Data Shapes & Structures
The shape of your data determines what questions you can easily answer. Wide data is great for human reading but terrible for plotting. Long data is perfect for seaborn but confusing for spreadsheet users. Nested JSON is how APIs deliver data but impossible to analyze without flattening. Understanding these shapes — and how to convert between them — is a core EDA skill.
Wide vs Long Format
python
# wide_vs_long.py — Converting between formats
import pandas as pd
# Wide format: one row per student, one column per subject
wide = pd.DataFrame({
'student': ['Alice', 'Bob', 'Carol', 'David'],
'math': [90, 78, 95, 82],
'science': [85, 92, 88, 76],
'english': [88, 80, 91, 85],
'history': [92, 75, 87, 90],
})
print("=== WIDE FORMAT ===")
print(wide)
print(f"Shape: {wide.shape} (4 students x 5 columns)")
# Convert to long format
long = wide.melt(
id_vars=['student'],
value_vars=['math', 'science', 'english', 'history'],
var_name='subject',
value_name='score',
)
print(f"\n=== LONG FORMAT ===")
print(long)
print(f"Shape: {long.shape} (16 rows x 3 columns)")
# Convert back to wide
back_to_wide = long.pivot(
index='student',
columns='subject',
values='score',
).reset_index()
print(f"\n=== BACK TO WIDE ===")
print(back_to_wide)
# When to use which format
print("\n=== WHEN TO USE EACH FORMAT ===")
guidelines = [
("Wide", "Human reading, Excel, summary tables"),
("Wide", "Each column is a different measurement type"),
("Wide", "Features for ML models (one row per observation)"),
("Long", "Plotting with seaborn/ggplot (faceting, hue)"),
("Long", "Repeated measures / time series per subject"),
("Long", "Statistical tests (ANOVA, mixed models)"),
("Long", "Database storage (normalized tables)"),
]
for fmt, use_case in guidelines:
print(f" {fmt:>5}: {use_case}")The Plotting Rule
If you need to pass hue, col, or style in seaborn, you need long format. If your plot has one line/bar per column, wide format works.
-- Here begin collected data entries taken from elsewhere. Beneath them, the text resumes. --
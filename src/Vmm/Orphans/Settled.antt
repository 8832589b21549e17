-- ===== src/Vmm/Orphans/Settled.antt =====
-- What is to be said of a reconciliation at a start.
use aegis_honeypot.Prelude.{
  ℕ, suc, ◌+◌, ◌≡◌, ◌⊎◌, inl, inr, refl, Bool, true, false, All, All-map, ◌++◌, List, [], ◌∷◌,
  Option, none, some, arith, if◌then◌else◌, if_ind, is_some, length,
}
use aegis_honeypot.Prelude.Prefix.{strip_prefix-append}
use aegis_honeypot.Prelude.Text.{Text, PathBuf, codes, strip_prefix, starts_with}
use aegis_honeypot.Vmm.{
  HostCall, created, removed, mounted, mount_failed, unmounted, umount_failed, write_failed, wrote,
  set_mode, killed, Run, Host, join,
}
use aegis_honeypot.Vmm.Orphans.{session_of}

module _ (host : Host) where
  -- A directory was removed only when it held no upper directory.
  abbrev pub IsCareful : List HostCall → Type 0
  IsCareful [] = Unit
  IsCareful (removed p ∷ t) = (host.is_dir t (join p (codes "upper")) ≡ false) × IsCareful t
  IsCareful (created p ∷ t) = IsCareful t
  IsCareful (mounted p ∷ t) = IsCareful t
  IsCareful (mount_failed p ∷ t) = IsCareful t
  IsCareful (unmounted p ∷ t) = IsCareful t
  IsCareful (umount_failed p ∷ t) = IsCareful t
  IsCareful (write_failed p ∷ t) = IsCareful t
  IsCareful (wrote p s ∷ t) = IsCareful t
  IsCareful (set_mode p m ∷ t) = IsCareful t
  IsCareful (killed pid ∷ t) = IsCareful t

-- How many directories were removed.
abbrev pub removals : List HostCall → ℕ
removals [] = 0
removals (removed p ∷ t) = suc (removals t)
removals (created p ∷ t) = removals t
removals (mounted p ∷ t) = removals t
removals (mount_failed p ∷ t) = removals t
removals (unmounted p ∷ t) = removals t
removals (umount_failed p ∷ t) = removals t
removals (write_failed p ∷ t) = removals t
removals (wrote p s ∷ t) = removals t
removals (set_mode p m ∷ t) = removals t
removals (killed pid ∷ t) = removals t

-- How many entries are directories of sessions.
abbrev pub session_dirs : List (Text × Bool) → ℕ
session_dirs [] = 0
session_dirs ((name, is_dir) ∷ es) =
    (if is_some (session_of name is_dir) then 1 else 0) + session_dirs es

-- Membership.
abbrev pub IsIn : {A : Type 0} → A → List A → Type 0
IsIn x [] = ⊥
IsIn x (y ∷ ys) = (y ≡ x) ⊎ IsIn x ys

-- What forensics is handed: the id and the upper directory of a listed directory of a session.
abbrev pub Handed : PathBuf → List (Text × Bool) → Text × PathBuf → Type 0
Handed base es (id, path) =
    IsIn (codes "session_" ++ id, true) es
    × (path ≡ join (join base (codes "session_" ++ id)) (codes "upper"))

-- An entry is no directory of a session, or its upper directory is answered, or it was removed.
abbrev pub IsSettled : PathBuf → List (Text × PathBuf) → List HostCall → Text × Bool → Type 0
IsSettled base os t (name, is_dir) =
    (is_dir ≡ false)
    ⊎ (starts_with name (codes "session_") ≡ false)
    ⊎ ((id : Text) × (name ≡ codes "session_" ++ id)
        × (IsIn (id, join (join base name) (codes "upper")) os ⊎ IsIn (removed (join base name)) t))

-- What a run over the entries `es` from the calls `t` has made of them.
pub record IsReclaimed (host : Host) (base : PathBuf) (es : List (Text × Bool)) (t : List HostCall)
    (r : Run (List (Text × PathBuf))) : Type 0 where
  pub careful : IsCareful host r.1
  pub settled : All (IsSettled base r.0 r.1) es
  pub handed : All (Handed base es) r.0
  pub once : length r.0 + removals r.1 ≡ session_dirs es + removals t
  pub keeps : (call : HostCall) → IsIn call t → IsIn call r.1

pub plain_entry :
    (name : Text) (is_dir : Bool)
    → session_of name is_dir ≡ none
    → (is_dir ≡ false) ⊎ (starts_with name (codes "session_") ≡ false)
unfolding session_of
plain_entry name true e = inr (not_stripped name e)
  where
    not_stripped :
        (s : Text)
        → strip_prefix s (codes "session_") ≡ none
        → starts_with s (codes "session_") ≡ false
    not_stripped s =
        if_ind (λ (o : Option Text). o ≡ none → starts_with s (codes "session_") ≡ false)
          (starts_with s (codes "session_")) (λ on. λ e. ground (arith, e)) (λ off. λ e. off)
plain_entry name false e = inl refl

pub session_entry :
    (name : Text) (is_dir : Bool) (id : Text)
    → session_of name is_dir ≡ some id
    → (name ≡ codes "session_" ++ id) × (is_dir ≡ true)
unfolding session_of
session_entry name true id e = (strip_prefix-append name (codes "session_") id e, refl)
session_entry name false id e = ground (arith, e)

pub Handed-more :
    (base : PathBuf) (e : Text × Bool) (es : List (Text × Bool)) (os : List (Text × PathBuf))
    → All (Handed base es) os
    → All (Handed base (e ∷ es)) os
Handed-more base e es os h =
    All-map (Handed base es) (Handed base (e ∷ es)) os (λ o i. (inr i.0, i.1)) h

pub IsSettled-more :
    (base : PathBuf) (o : Text × PathBuf) (os : List (Text × PathBuf)) (t : List HostCall)
    (es : List (Text × Bool))
    → All (IsSettled base os t) es
    → All (IsSettled base (o ∷ os) t) es
IsSettled-more base o os t es h =
    All-map (IsSettled base os t) (IsSettled base (o ∷ os) t) es (λ e i. grown e i) h
  where
    grown : (e : Text × Bool) → IsSettled base os t e → IsSettled base (o ∷ os) t e
    grown (name, is_dir) (inl a) = inl a
    grown (name, is_dir) (inr (inl a)) = inr (inl a)
    grown (name, is_dir) (inr (inr (id, same, inl a))) = inr (inr (id, same, inl (inr a)))
    grown (name, is_dir) (inr (inr (id, same, inr a))) = inr (inr (id, same, inr a))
When in doubt, go long — it is easier to aggregate long data than to unpivot wide data.
Tidy Data Principles
Hadley Wickham's tidy data principles (2014) give a formal definition of "well-structured" data:
python
# tidy_data.py — The three rules of tidy data
import pandas as pd
# RULE 1: Each variable forms a column
# RULE 2: Each observation forms a row
# RULE 3: Each type of observational unit forms a table
# MESSY: Variables stored in rows
messy1 = pd.DataFrame({
'country': ['USA', 'USA', 'Canada', 'Canada'],
'metric': ['population', 'gdp', 'population', 'gdp'],
'value': [331_000_000, 21_400_000_000, 38_000_000, 1_600_000_000],
})
print("=== MESSY: Variables in Rows ===")
print(messy1)
# TIDY: Each variable is a column
tidy1 = messy1.pivot(index='country', columns='metric', values='value').reset_index()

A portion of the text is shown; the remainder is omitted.